Month: June 2006

  • Well, sorry about those ten days of nothing.  No one's really home to read this anyway.  In fact, I'm leaving in two hours myself.  Where to?  Europe, basically. For a month.  A different city every week.  I think the order is Athens, Rome, Florence, and Paris.  So, I'm excited.  I'll probably come back a lot cooler than I am now.  Or I may not come back at all and just hang out with my foreign boyfriend and camp out at the Louvre for the rest of my life.  Also, I'm going with my friends Hilary, Zoe, and Ari.  Although I consider these three people to be my best friends of all time, they refer to me as 'the dog'.  In their free time they enjoy pinning me down to the floor and stuffing Little Debbies into my mouth.  The only thing I really regret about this trip so far is the fact that I read the Da Vinci Code.  Now I'm going to instinctly prance around Europe in search of The Holy Grail and slick my hair into that horrific Tom Hanks number.  If the albino doesn't kill me, one of my roommates will.

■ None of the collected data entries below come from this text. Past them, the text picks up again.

-- ===== src/Sqlite/Tuple.antt =====
-- ormpp/sqlite.hpp, `query` of a struct, and `query_s` and `query` of a tuple.
pub mod Flat
use ormpp.Base.{
  ℕ, zero, suc, ◌+◌, Bool, true, false, List, [], ◌∷◌, ◌++◌, length, Option, none, some, ◌==◌,
  if◌then◌else◌, Bytes,
}
use ormpp.Utility.Keys.{Entity, sqlite}
use ormpp.Utility.Escape.{Value}
use ormpp.Utility.Select.{contains_select, generate_query_sql, get_sql}
use ormpp.Sqlite.{StepResult, row, done, failed, Library, Driver, with_handle}
use ormpp.Sqlite.Statement.{Field, prepared}
use ormpp.Sqlite.Query.{
  Kind, assign, read_row, bind_each, prepared_with, fetched, fetch_all, query_s,
}

-- An item of a tuple: a reflected struct with its members, or a value; the flag says that it is optional.
pub data Item : Type 0 where
  object : List (Bool × Kind) → Item
  value : Bool × Kind → Item

-- The occurrences of a byte, as `std::count` gives them
unfoldable pub count : ℕ → Bytes → ℕ
count c [] = 0
count c (d ∷ ds) = (if d == c then 1 else 0) + count c ds

module _ {Db : Type 0} (lib : Library Db) where
  -- The text of `query_s` of a struct
  unfoldable pub query_s_of :
      ℕ
      → Entity
      → List (Bool × Kind)
      → Bytes
      → List Field
      → Driver Db
      → List (List Field) × Driver Db
  unfolding query_s contains_select generate_query_sql
  query_s_of fuel t kinds str args d =
      query_s lib fuel kinds
        (if contains_select str then str else generate_query_sql sqlite t (str ∷ [])) args d

  unfoldable pub query :
      ℕ → Entity → List (Bool × Kind) → List Bytes → Driver Db → List (List Field) × Driver Db
  unfolding fetch_all generate_query_sql
  query fuel t kinds args d =
      prepared lib [] (λ e. fetched lib e (fetch_all lib fuel kinds e.handle)) d
        (lib.prepare (generate_query_sql sqlite t args) d.handle)

  -- The loop over the items, which counts the columns: the values of the items and the count
  unfoldable pub read_items : List Item → ℕ → Db → List (List Field) × ℕ
  unfolding read_row assign
  read_items [] index handle = ([], index)
  read_items (object kinds ∷ items) index handle =
      let (rest, end) = read_items items (index + length kinds) handle in
      (read_row lib kinds index handle ∷ rest, end)
  read_items (value (optional, kind) ∷ items) index handle =
      let (rest, end) = read_items items (index + 1) handle in
      ((assign lib optional kind index handle ∷ []) ∷ rest, end)

  -- `if (index > 0)`
  abbrev pub push_row :
      List (List Field) × ℕ → List (List (List Field)) × Db → List (List (List Field)) × Db
  push_row (values, index) (rows, handle) =
      ((if index == 0 then [] else values ∷ []) ++ rows, handle)

  abbrev pub next_tuple :
      List Item
      → (Db → List (List (List Field)) × Db)
      → StepResult × Db
      → List (List (List Field)) × Db
  next_tuple items more (row, handle) = push_row (read_items items 0 handle) (more handle)
  next_tuple items more (_, handle) = ([], handle)

  -- `while (true)`: the fuel bounds the rows.
  unfoldable pub fetch_tuples : ℕ → List Item → Db → List (List (List Field)) × Db
  unfolding read_items
  fetch_tuples zero items handle = ([], handle)
  fetch_tuples (suc fuel) items handle =
      next_tuple items (fetch_tuples fuel items) (lib.step handle)

  abbrev pub tuples_fetched :
      Driver Db → List (List (List Field)) × Db → List (List (List Field)) × Driver Db
  tuples_fetched d (rows, handle) = (rows, with_handle d handle)

  unfoldable pub query_tuples_s :
      ℕ → List Item → Bytes → List Field → Driver Db → List (List (List Field)) × Driver Db
  unfolding fetch_tuples bind_each
  query_tuples_s fuel items sql args d =
      prepared_with lib [] (λ e. tuples_fetched e (fetch_tuples fuel items e.handle)) args d
        (lib.prepare sql d.handle)

  -- The text with the arguments in it: `none` where an exception is thrown.
  abbrev pub text_with : Bytes → List Value → Option Bytes
  text_with sql [] = some sql
  text_with sql (arg ∷ args) = get_sql sql (arg ∷ args)

  abbrev pub run_text :
      ℕ → List Item → Driver Db → Option Bytes → Option (List (List (List Field)) × Driver Db)
  run_text fuel items d none = none
  run_text fuel items d (some sql) = some (
      prepared lib [] (λ e. tuples_fetched e (fetch_tuples fuel items e.handle)) d
        (lib.prepare sql d.handle))

  -- `query` of tuples: the arguments are counted against the question marks of the text.
  unfoldable pub query_tuples :
      ℕ → List Item → Bytes → List Value → Driver Db → Option (List (List (List Field)) × Driver Db)
  unfolding fetch_tuples count
  query_tuples fuel items sql args d =
      if (if length args == 0 then true else length args == count b'?' sql)
      then run_text fuel items d (text_with sql args)
      else some ([], d)
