-- ===== src/Sqlite/Tuple/Flat.antt =====
-- The rows of tuples, against the rows of a struct with all the members of their items.
use ormpp.Base.{
  ℕ, zero, suc, ◌+◌, ◌<◌, Bool, false, List, [], ◌∷◌, ◌++◌, map, length, length-append, ◌==◌,
  if◌then◌else◌, ◌≡◌, refl, sym, ap, ◌∙◌, arith,
}
use ormpp.Sqlite.{StepResult, row, done, failed, Library}
use ormpp.Sqlite.Statement.{Field}
use ormpp.Sqlite.Query.{Kind, assign, read_row, before_rows, next_row, fetch_all}
use ormpp.Sqlite.Tuple.{Item, object, value, read_items, push_row, next_tuple, fetch_tuples}

-- The members of the items, one behind the other
abbrev pub members_of : List Item → List (Bool × Kind)
members_of [] = []
members_of (object kinds ∷ items) = kinds ++ members_of items
members_of (value kind ∷ items) = kind ∷ members_of items

abbrev pub joined : List (List Field) → List Field
joined [] = []
joined (fields ∷ rest) = fields ++ joined rest

module _ {Db : Type 0} (lib : Library Db) where
  read_row-append :
      (ks ls : List (Bool × Kind)) (i : ℕ) (handle : Db)
      → read_row lib (ks ++ ls) i handle
        ≡ read_row lib ks i handle ++ read_row lib ls (i + length ks) handle
  unfolding read_row
  read_row-append [] ls i handle = ap (λ n. read_row lib ls n handle) (omega arith)
  read_row-append ((optional, kind) ∷ ks) ls i handle =
      ap (◌∷◌ (assign lib optional kind i handle)) (
        read_row-append ks ls (i + 1) handle
        ∙ ap (λ n. read_row lib ks (i + 1) handle ++ read_row lib ls n handle) (omega arith))

  items_lem :
      (items : List Item) (i : ℕ) (handle : Db)
      → (joined (read_items lib items i handle).0 ≡ read_row lib (members_of items) i handle)
        × ((read_items lib items i handle).1 ≡ i + length (members_of items))
  unfolding read_items read_row
  items_lem [] i handle = (refl, omega arith)
  items_lem (object kinds ∷ items) i handle =
      let (values, index) = items_lem items (i + length kinds) handle in
      (
        ap (λ s. read_row lib kinds i handle ++ s) values
            ∙ sym (read_row-append kinds (members_of items) i handle),
        omega (arith, index, length-append kinds (members_of items)),
      )
  items_lem (value (optional, kind) ∷ items) i handle =
      let (values, index) = items_lem items (i + 1) handle in
      (ap (◌∷◌ (assign lib optional kind i handle)) values, omega (arith, index))

  -- The rows with the values of their items joined, and where the fetching ends
  abbrev pub flat : List (List (List Field)) × Db → List (List Field) × Db
  flat (rows, handle) = (map joined rows, handle)

  flat_push :
      (values : List (List Field)) (index : ℕ) (r : List (List (List Field)) × Db)
      → 0 < index
      → flat (push_row lib (values, index) r) ≡ before_rows lib (joined values) (flat r)
  flat_push values index (rows, handle) h =
      ap (λ b. (map joined ((if b then [] else values ∷ []) ++ rows), handle)) (positive index h)
    where
      positive : (n : ℕ) → 0 < n → (n == 0) ≡ false
      positive n h = ground arith

  -- A query of tuples with a column fetches the values that a query of a struct with all the members of their items
  -- fetches, row by row, and leaves the library where that leaves it.
  pub fetch_tuples-fetch_all :
      (items : List Item) (fuel : ℕ) (handle : Db)
      → 0 < length (members_of items)
      → flat (fetch_tuples lib fuel items handle) ≡ fetch_all lib fuel (members_of items) handle
  unfolding fetch_tuples fetch_all
  fetch_tuples-fetch_all items zero handle h = refl
  fetch_tuples-fetch_all items (suc fuel) handle h =
      by_step (λ g. fetch_tuples-fetch_all items fuel g h) (lib.step handle)
    where
      by_step :
          ((g : Db)
            → flat (fetch_tuples lib fuel items g) ≡ fetch_all lib fuel (members_of items) g)
          → (r : StepResult × Db)
          → flat (next_tuple lib items (fetch_tuples lib fuel items) r)
            ≡ next_row lib (members_of items) (fetch_all lib fuel (members_of items)) r
      by_step later (row, g) =
          let (values, index) = items_lem items 0 g in
          let read : List (List Field) × ℕ = read_items lib items 0 g in
          flat_push read.0 read.1 (fetch_tuples lib fuel items g) (omega (arith, index, h))
          ∙ ap (λ v. before_rows lib v (flat (fetch_tuples lib fuel items g))) values
          ∙ ap (before_rows lib (read_row lib (members_of items) 0 g)) (later g)
      by_step later (done, g) = refl
      by_step later (failed, g) = refl
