-- ===== src/Sqlite/Examples.antt =====
-- The theorems on the SQLite driver, over a small library: a table of numbers and its transactions.
use ormpp.Base.{
  ℕ, ◌≢◌, ◌⊎◌, ◌==◌, Bool, true, false, List, [], ◌∷◌, Option, none, if◌then◌else◌, Bytes, codes,
  equal, to_string, length, ◌≡◌, refl, arith,
}
use ormpp.Utility.Keys.{Entity, Registry, is_auto_key}
use ormpp.Sqlite.{
  StepResult, row, done, failed, Bound, int, Library, Driver, begin, commit, reset_error,
  set_last_error, set_errmsg,
}
use ormpp.Sqlite.Statement.{narrow, insert, Object, stmt_execute, bound_members}
use ormpp.Sqlite.Batch.{insert_or_update_impl, rolled_back, insert_all}
use ormpp.Sqlite.Batch.Atomic.{Transactional, CommitFailed, insert_or_update_impl-atomic}
use ormpp.Sqlite.Query.{Kind, narrow_kind, signed32, query_s, bind_each, read_row}
use ormpp.Sqlite.Query.Rows.{Gives, query_s-Gives}
use ormpp.Sqlite.Query.{fetch_all}
use ormpp.Sqlite.Tuple.{Item, value, fetch_tuples}
use ormpp.Sqlite.Tuple.Flat.{members_of, flat, fetch_tuples-fetch_all}

-- A table of one column without doubles, the table that BEGIN has saved, the value bound, the result of
-- the last step, and the rows that a query has left
record Store : Type 0 where
  table : List ℕ
  kept : List ℕ
  bound : ℕ
  status : ℕ
  left : List ℕ

abbrev member : ℕ → List ℕ → Bool
member n [] = false
member n (m ∷ ms) = if n == m then true else member n ms

abbrev run_sql : Bytes → Store → Bool × Store
run_sql sql h =
    if equal sql (codes "BEGIN")
    then (true, record h { kept = h.table })
    else if equal sql (codes "ROLLBACK")
    then (true, record h { table = h.kept })
    else (true, h)

abbrev number : Bound → ℕ
number (int n) = n
number _ = 0

abbrev step_insert : Store → StepResult × Store
step_insert h =
    if member h.bound h.table
    then (failed, record h { status = 19 })
    else (done, record h { table = h.bound ∷ h.table; status = 0 })

abbrev store : Library Store
store = record {
  exec = run_sql;
  prepare = λ sql h. (true, h);
  bind = λ i value h. (true, record h { bound = number value });
  step = step_insert;
  reset = λ h. (true, h);
  finalize = λ h. (h.status, h);
  errmsg = λ h. codes "UNIQUE constraint failed";
  changes = λ h. 1;
  last_insert_rowid = λ h. length h.table;
  column_is_null = λ i h. false;
  column_int = λ i h. h.bound;
  column_int64 = λ i h. h.bound;
  column_double = λ i h. 0;
  column_text = λ i h. [];
  column_blob = λ i h. [];
}

store-Transactional : Transactional store (λ h. h.table) (λ h. h.kept) (λ h. Unit) (λ h. Unit)
unfolding equal
store-Transactional = record {
  begin_keeps = λ h. refl;
  begin_saves = λ h e. refl;
  begin_opens = λ h ready e. tt;
  rollback_restores = λ h. refl;
  commit_fails = λ h running e. refl;
  prepare_keeps = λ sql h. refl;
  bind_saved = λ i value h running. (refl, tt);
  step_saved = λ h running. step_kept h;
  step_opens = λ h running e. tt;
  reset_saved = λ h running. refl;
  reset_opens = λ h running e. tt;
  finalize_keeps = λ h. refl;
  finalize_saved = λ h. refl;
}
  where
    step_kept : (h : Store) → (step_insert h).1.kept ≡ h.kept
    step_kept h = ground arith

abbrev driver : Driver Store
driver = record {
  handle = record { table = 5 ∷ []; kept = []; bound = 0; status = 0; left = [] };
  has_error = false;
  last_error = [];
  transaction = true;
}

abbrev numbers : Entity
numbers = record { struct_name = codes "numbers"; member_names = codes "n" ∷ [] }

abbrev no_keys : Registry
no_keys = record { auto_key_map = []; conflict_map = [] }

abbrev object : ℕ → Object
object n name = narrow n

-- The third number is there already.
abbrev batch : List Object
batch = object 6 ∷ object 7 ∷ object 5 ∷ []

abbrev result : Option ℕ × Driver Store
result =
    insert_or_update_impl store no_keys numbers [] batch (codes "insert into numbers (n) values(?)")
      insert false false driver

batch_returns_none : result.0 ≡ none
unfolding insert_or_update_impl equal begin commit rolled_back stmt_execute reset_error
    set_last_error set_errmsg insert_all bound_members is_auto_key
batch_returns_none = refl

batch_fails : (result.0 ≡ none) × (result.1.last_error ≡ codes "close statment error code 19")
unfolding insert_or_update_impl equal begin commit rolled_back stmt_execute reset_error
    set_last_error set_errmsg insert_all to_string bound_members is_auto_key
batch_fails = (refl, refl)

insert_or_update_impl-atomic_example :
    let after : Store = result.1.handle in
    (after.table ≡ 5 ∷ []) ⊎ CommitFailed store (λ h. h.kept) (5 ∷ []) after
insert_or_update_impl-atomic_example =
    insert_or_update_impl-atomic store (λ h. h.table) (λ h. h.kept) (λ h. Unit) (λ h. Unit)
      store-Transactional no_keys numbers [] batch (codes "insert into numbers (n) values(?)")
      insert false false driver refl (λ e. tt) batch_returns_none

abbrev step_query : Store → StepResult × Store
step_query h = elim h.left [
  | [] ↦ (failed, record h { status = 5 })
  | n ∷ ns ↦ (row, record h { bound = n; left = ns })
]

abbrev reader : Library Store
reader = record store { step = step_query }

abbrev querying : Driver Store
querying = record driver {
  handle = record { table = []; kept = []; bound = 0; status = 0; left = 3 ∷ 4 ∷ [] };
}

abbrev kinds : List (Bool × Kind)
kinds = (false, narrow_kind signed32) ∷ []

-- Two rows, and then a step that fails
two_rows :
    Gives reader kinds
      ((narrow 3 ∷ []) ∷ (narrow 4 ∷ []) ∷ [])
      (bind_each reader [] 0 querying.handle)
      failed
      (record { table = []; kept = []; bound = 4; status = 5; left = [] })
unfolding bind_each read_row
two_rows = (_, refl, refl, (_, refl, refl, refl))

failed_is_no_row : failed ≢ row
failed_is_no_row e = cc e

query_s-Gives_example :
    ((query_s reader 10 kinds (codes "select n from numbers") [] querying).0
      ≡ (narrow 3 ∷ []) ∷ (narrow 4 ∷ []) ∷ [])
    × ((query_s reader 10 kinds (codes "select n from numbers") [] querying).1.has_error ≡ true)
query_s-Gives_example =
    query_s-Gives reader kinds 10 (codes "select n from numbers") [] querying querying.handle
      ((narrow 3 ∷ []) ∷ (narrow 4 ∷ []) ∷ []) failed
      (record { table = []; kept = []; bound = 4; status = 5; left = [] }) refl failed_is_no_row
      (omega arith) two_rows

abbrev items : List Item
items =
    Item.object ((false, narrow_kind signed32) ∷ (true, narrow_kind signed32) ∷ [])
    ∷ value (false, narrow_kind signed32)
    ∷ []

fetch_tuples-fetch_all_example :
    flat reader (fetch_tuples reader 5 items querying.handle)
    ≡ fetch_all reader 5 (members_of items) querying.handle
fetch_tuples-fetch_all_example = fetch_tuples-fetch_all reader items 5 querying.handle (omega arith)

    Anyway, I have to finish packing.  I tend to procrastinate.  Hopefully this summer will do what last summer did for me.  And hopefully I'll come back from this place with the mojo I initially lost at Camp Fernwood. 


    Enjoy this month,


    Daryl.

  • Finals


     


    Well, so ends the last Tuesday of my sophomore year in high school.  I’ve always hated Tuesdays.  Mondays were obvious downers, but Tuesdays were a little more inconspicuous about it.  Tuesdays just never really mattered.  Like the middle child.  Monday is the annoying immature younger sibling, cranky from not getting enough sleep the night before.  Friday is the fabulous older sibling that does everything right, because older siblings are better than you and mommy loves us more.  Wednesday and Thursday get rounded up –they’re second best, but at least they aren’t kid sister Tuesday, middle-child Tuesday, the forgotten sibling we obliviously left at the mall yet again.  Tuesdays are just lame.  Even if we all went on a family vacation and left Tuesday at home, it probably wouldn’t even be creative enough to pull a Home Alone 4 and find clever ways of ruining the lives of escaped convicts while learning valuable life lessons at the same time.  It would probably just spend the whole week biting its toenails and preserving the clippings it didn’t swallow in some air-tight jar it stores in the back of its closet.  You know, on the shelf behind the row of moldy, malignant, bloodthirsty sweater vests. 


     


    The last week of school is always the hardest.  Oh- wait, sorry.  My bad.  The last week of school is always the hardest in New Jersey.  See, we’re the only kids still in school right now.  If I still lived in Pennsylvania, this entry would probably be about a water park or the beach or, I don’t know, Coldstone.  But because Millburn sucks so horribly and because we used up all of our snow days this year, all I can really ramble about are finals.  It’s the third to last week of June, prettiest month of the year June, and I must spend it cooped up in my room memorizing every wretched detail of the Civil War.  I mean, I enjoyed learning about the Civil War.  But that doesn’t mean I want it force-fed into my mind when I could be outside living my life and being genuinely happy for a change.  Finals are hard because the week before them, no matter what you are doing, you are wasting time.  When you’re outside living, you think about how you should be studying.  When you’re inside studying, you’re looking out the window, marveling at all the colors swaying in the summer breeze and you can hear the wind as it whispers “Nanananana it’s still the fourth marking period!”  But no one cares that it’s still the fourth marking period, not even the teachers.  So that’s why finals were invented.  To remind us that we do not yet deserve the natural beauties in life.  Ah ah, not yet, nah ah, not until we fill out this scantron sheet over here, write this essay over there, have yet another mental breakdown because the proctor keeps walking around, pounding her wretched high heals against the fake-marble floor to the rhythm of the throbbing, pulsating head ache in your mind, the one preventing you from making a decision between a, b, c, or d.  And isn’t it strange to think, isn’t it sad to think, isn’t it disturbing to think that a single letter can matter so much us, can set a path for us, can open doors for us, when I know I could have been just as happy with an open window.


     


    At least I know that after Friday, school is history for two wonderful months.  Sure, we have summer reading, but I like reading.  I’ve always liked reading.  I like analyzing what I read and writing about what I read.  Want to know what I don’t like?  Numbers.  But it’s summertime, it’s almost summertime, it’s practically summertime, and summertime, unlike any other time, won’t get counted into my grade point average.  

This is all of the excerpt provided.